Measurements of the Hubble Constant: Tensions in Perspective
Wendy L. Freedman

TL;DR
This paper refines the measurement of the Hubble constant using the Tip of the Red Giant Branch method, finding results consistent with the cosmic microwave background and other calibrations, and discusses implications for cosmology.
Contribution
It provides a self-consistent TRGB calibration with Gaia EDR3 data and compares it with other methods, addressing the Hubble tension.
Findings
Hubble constant measured as 69.8 ± 1.7 km/s/Mpc
TRGB results are consistent with CMB and Cepheid calibrations
No evidence for new physics beyond Lambda-CDM
Abstract
Measurement of the distances to nearby galaxies have improved rapidly in recent decades. The ever-present challenge is to reduce systematic effects, especially as greater distances are probed, and the uncertainties become larger.
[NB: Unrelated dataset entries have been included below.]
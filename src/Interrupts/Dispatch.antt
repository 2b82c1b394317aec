-- ===== src/Interrupts/Dispatch.antt =====
-- How `isr_handler` of arch/x86/kernel/interrupts.c finds the handler of an interrupt.
use rotary_os.Base.{
  ℕ, ◌%◌, ◌^◌, ◌≤◌, ◌<◌, ◌≡◌, ◌≢◌, refl, ap, arith, true, false, ◌==◌, leb, ltb, if◌then◌else◌, [],
  ◌∷◌, ◌++◌,
}
use rotary_os.Pic.{pic_send_eoi}
use rotary_os.Interrupts.{World, IsrRegisters, isr_handler, register_interrupt_handler}

-- The acknowledgement: the command `0x20` for the second controller, then for the first.
abbrev pub acknowledged : {S : Type 0} → World S → World S
acknowledged w =
    let p = w.0 in
    (
      record p {
        written =
            (p.written ++ record { port = 0xa0; value = 0x20 } ∷ [])
            ++ record { port = 0x20; value = 0x20 } ∷ [];
      },
      w.1,
    )

-- The number of an interrupt, which is 8 or more below 256, is taken for that of a line of the second
-- controller.
send_eoi-acknowledged :
    {S : Type 0} (w : World S) (n : ℕ)
    → 8 ≤ n
    → n < 256
    → (pic_send_eoi (w.0) n, w.1) ≡ acknowledged w
unfolding pic_send_eoi
send_eoi-acknowledged w n a b = let slave : leb 8 (n % 2 ^ 8) ≡ true = ground arith in rw slave refl

-- A hardware interrupt, of a number from 32 to 255, with a handler `a` registered for it last: the
-- handler is called once, the controllers are both acknowledged behind it, in the case of the timer
-- also before it, and nothing is reported. Any other interrupt is handled as if `a` had not been
-- registered.
pub isr_handler-register :
    {S : Type 0} (call : ℕ → IsrRegisters → World S → World S) (t : ℕ → ℕ) (n a : ℕ)
    (r : IsrRegisters) (cr2 : ℕ) (w : World S)
    → 32 ≤ n
    → n < 256
    → a ≢ 0
    → (r.int_num ≡ n
        → isr_handler call (register_interrupt_handler t n a) r cr2 w
          ≡ ([], acknowledged (call a r (if n == 32 then acknowledged w else w))))
      × (r.int_num ≢ n
          → isr_handler call (register_interrupt_handler t n a) r cr2 w
            ≡ isr_handler call t r cr2 w)
unfolding isr_handler
isr_handler-register call t n a r cr2 w l u h = (
  λ e.
      let same : (r.int_num == n) ≡ true = ground (arith, e) in
      let live : (a == 0) ≡ false = ground (arith, h) in
      let high : ltb r.int_num 32 ≡ false = ground (arith, e, l) in
      let pit : (r.int_num == 32) ≡ (n == 32) = ap (λ k. k == 32) e in
      let early = send_eoi-acknowledged w r.int_num (omega arith) (omega arith) in
      let late =
        send_eoi-acknowledged (call a r (if n == 32 then acknowledged w else w)) r.int_num
          (omega arith) (omega arith) in
      rw (same, live, high, pit, early) (ap (λ v. ([], v)) late),
  λ e. let apart : (r.int_num == n) ≡ false = ground (arith, e) in rw apart refl,
)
In this paper, we combine several recent calibrations of the Tip of the Red Giant Branch (TRGB) method. These calibrations are internally self-consistent at the 1% level. New Gaia Early Data Release 3 (EDR3) data provide an additional consistency check, at a (lower) 5% level of accuracy, a result of the well-documented Gaia angular covariance bias. The updated TRGB calibration applied to a distant sample of Type Ia supernovae from the Carnegie Supernova Project results in a value of the Hubble constant of Ho = 69.8 0.6 (stat) 1.6 (sys) km/s/Mpc. No statistically significant difference is found between the value of Ho based on the TRGB and that…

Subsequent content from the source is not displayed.